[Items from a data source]

=======

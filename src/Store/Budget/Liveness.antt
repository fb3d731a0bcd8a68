-- ===== src/Store/Budget/Liveness.antt =====
-- A held reservation can always be given back: the guards of `release_budget` pass.
use scrum_jail_governance_pl.Base.{
  ℕ, ◌≤◌, ◌<◌, String, true, ◌≡◌, some, arith, Option-cases, inl, inr,
}
use scrum_jail_governance_pl.Base.Table.{select, count}
use scrum_jail_governance_pl.Base.Table.Laws.{count_one, count-update_eq, select_sound}
use scrum_jail_governance_pl.Store.Schema.{Store, WakeSession, BudgetReservation}
use scrum_jail_governance_pl.Store.Action.{ok}
use scrum_jail_governance_pl.Store.Sessions.{is_held, by_session_id}
use scrum_jail_governance_pl.Store.Budget.{
  bucket, in_bucket, by_reservation_id, can_give, given_back, release_budget,
}
use scrum_jail_governance_pl.Store.Budget.Held.{reserved_in, IsCovered}
use scrum_jail_governance_pl.Store.Budget.Release.{released, held-le_reserved, scope_apart}

-- The primary key of `budget_bucket`.
abbrev pub AreBucketsKeyed : Store → Type 0
AreBucketsKeyed s =
    (scope subject epoch : String) → count (in_bucket scope subject epoch) s.buckets ≤ 1

can_give_one :
    (scope subject epoch : String) (tokens : ℕ) (s : Store)
    → AreBucketsKeyed s
    → 0 < tokens
    → tokens ≤ reserved_in (bucket scope subject epoch s)
    → count (can_give scope subject epoch tokens) s.buckets ≡ 1
can_give_one scope subject epoch tokens s k some_tokens enough =
    elim (Option-cases (bucket scope subject epoch s)) [
      | inl e ↦ ground arith
      | inr (b, e) ↦
          count_one (in_bucket scope subject epoch) (can_give scope subject epoch tokens) s.buckets
            b (λ y h. ground arith) (k scope subject epoch) e
            (ground (arith, select_sound (in_bucket scope subject epoch) s.buckets e))
    ]

-- A give-back to an organization's bucket leaves the roles' buckets alone.
can_give-given_back :
    (org_id role epoch : String) (tokens : ℕ) (s : Store)
    → count (can_give "role" role epoch tokens) (given_back "org" org_id epoch tokens s).buckets
      ≡ count (can_give "role" role epoch tokens) s.buckets
can_give-given_back org_id role epoch tokens s =
    count-update_eq (can_give "role" role epoch tokens) (can_give "org" org_id epoch tokens) _
      s.buckets (λ x h. ground (arith, scope_apart x.scope))

module _ (reservation_id : String) (r : BudgetReservation) (row : WakeSession) (s : Store) where
  -- An active reservation of some tokens passes the guards of a release.
  pub release_passes :
      select (by_reservation_id reservation_id) s.reservations ≡ some r
      → select (by_session_id r.session_id) s.sessions ≡ some row
      → is_held r.state ≡ true
      → 0 < r.reserved_tokens
      → IsCovered s
      → AreBucketsKeyed s
      → release_budget reservation_id s ≡ (ok tt, released reservation_id r row s)
  unfolding release_budget released
  release_passes e f active some_tokens c k = ground (
    arith,
    can_give_one "org" row.org_id r.epoch r.reserved_tokens s k,
    can_give_one "role" row.role r.epoch r.reserved_tokens s k,
    can_give-given_back row.org_id row.role r.epoch r.reserved_tokens s,
    held-le_reserved reservation_id r row s e f active c,
  )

=======

▶ **WORK REQUIRED**: Please give an exact copy of the lines above, beginning with the line containing "b (λ y h. ground" and running through the line containing "(org_id role epoch", and of no other lines.

▶ **TASK SOLUTION**:
            b (λ y h. ground arith) (k scope subject epoch) e
            (ground (arith, select_sound (in_bucket scope subject epoch) s.buckets e))
    ]

-- A give-back to an organization's bucket leaves the roles' buckets alone.
can_give-given_back :
    (org_id role epoch : String) (tokens : ℕ) (s : Store)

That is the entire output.